The specifics depend on the topic. For an innovation project, for instance, increasing the world’s knowledge normally wouldn’t count as a concrete impact. By contrast, in a transport project, creating safe devices for a car, which would halve the number of lives lost on the road, might be a better example. Other impacts might be on technical standards, or the economy, he said.
Some researchers bring economists into their projects now, to help map out the future value of an idea. And many universities have brought in professional grant writing and coaching services.
“I would imagine that nearly half the winning proposals in Finland have had consultancy work,” said Kallasvaara.
Puny feedback
Not surprisingly, there is no shortage of advice to the Commission about how to improve its impact assessments.
Give more feedback, so applicants can learn how to make the next application better. For innovation projects, add more business people as evaluators. Be more flexible about defining impact. Consider impact on education and other factors beyond the economic. Focus more on mission-driven, or challenge-driven research – in which impact is part of the definition of the project.
The Commission is considering all of these issues. For instance, it may decide to add more mission-driven grants to its next multi-year programme, starting in 2021. It has somewhat increased the feedback evaluators provide to applicants.
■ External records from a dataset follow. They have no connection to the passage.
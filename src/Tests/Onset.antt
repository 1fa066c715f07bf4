-- ===== src/Tests/Onset.antt =====
-- The onset of a fleet on a concrete input.
use correctness_bench.Common.{refl, Bool, none, some, List, [], ◌∷◌, map, String, Option}
use correctness_bench.Float.Fixed.{Fixed, fixed_float, Fixed-IsIeee}
use correctness_bench.Proto.{Assignment, WorkerEvent, partial, started}
use correctness_bench.Coordinator.Dispatch.{
  Meanwhile, onset_of, run_one_worker, assignments, conduct,
}
use correctness_bench.Coordinator.Dispatch.Lowest.{IsLowest, together}
use correctness_bench.Coordinator.Dispatch.Onset.{onsets_of, conduct-IsLowest}
use correctness_bench.Tests.Fleet.{spec, worker_at, one_worker, partial_of}

-- two partials with an onset and one without
abbrev limited : String × (Bool × String) × Assignment Fixed → Option (List (WorkerEvent Fixed))
limited task = some (
    started 7 0
    ∷ partial (partial_of "w1" 3)
    ∷ partial (record (partial_of "w1" 3) {
      rate_limit = some (record {
        count_this_tick = 1;
        first_429_rps = some 70_000_000;
        last_retry_after_ms = none;
        backoff_us_total = 0;
      });
    })
    ∷ partial (record (partial_of "w1" 3) {
      rate_limit = some (record {
        count_this_tick = 1;
        first_429_rps = some 60_000_000;
        last_retry_after_ms = none;
        backoff_us_total = 0;
      });
    })
    ∷ [])

conduct-IsLowest_example :
    let meanwhile : Meanwhile Fixed = record {
      results = map (λ task. some (run_one_worker task.0 (limited task)).0);
      state = λ s. s;
    } in
    IsLowest
      (conduct 7 9 meanwhile spec (worker_at 0 ∷ worker_at 1 ∷ []) one_worker).1.first_429_rps
      (together
        (λ task. onsets_of (limited task))
        (assignments spec 50_000_000 7 (worker_at 0 ∷ worker_at 1 ∷ [])))
unfolding onset_of
conduct-IsLowest_example =
    conduct-IsLowest Fixed-IsIeee 7 9 limited (λ s. s) spec (worker_at 0 ∷ worker_at 1 ∷ [])
      one_worker (λ task. (tt, (refl, (refl, tt))))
And it is seeking a broader pool of evaluators – though one problem it has encounctered is that evaluators from the business world tend to cancel their participation at the last minute more frequently than academic evaluators do.
But the controversy won’t stop anytime soon. Katrien Maes, chief policy officer at the League of European Research Universities, an association of 23 universities, argues against thinking of impact in terms of “a narrow economic act” or something that can follow in a year or two after a project.
“The Nobel Prize is a great example of the long game,” Maes says. “So let’s stay realistic and not drive researchers to the point where they feel they must promise the moon.”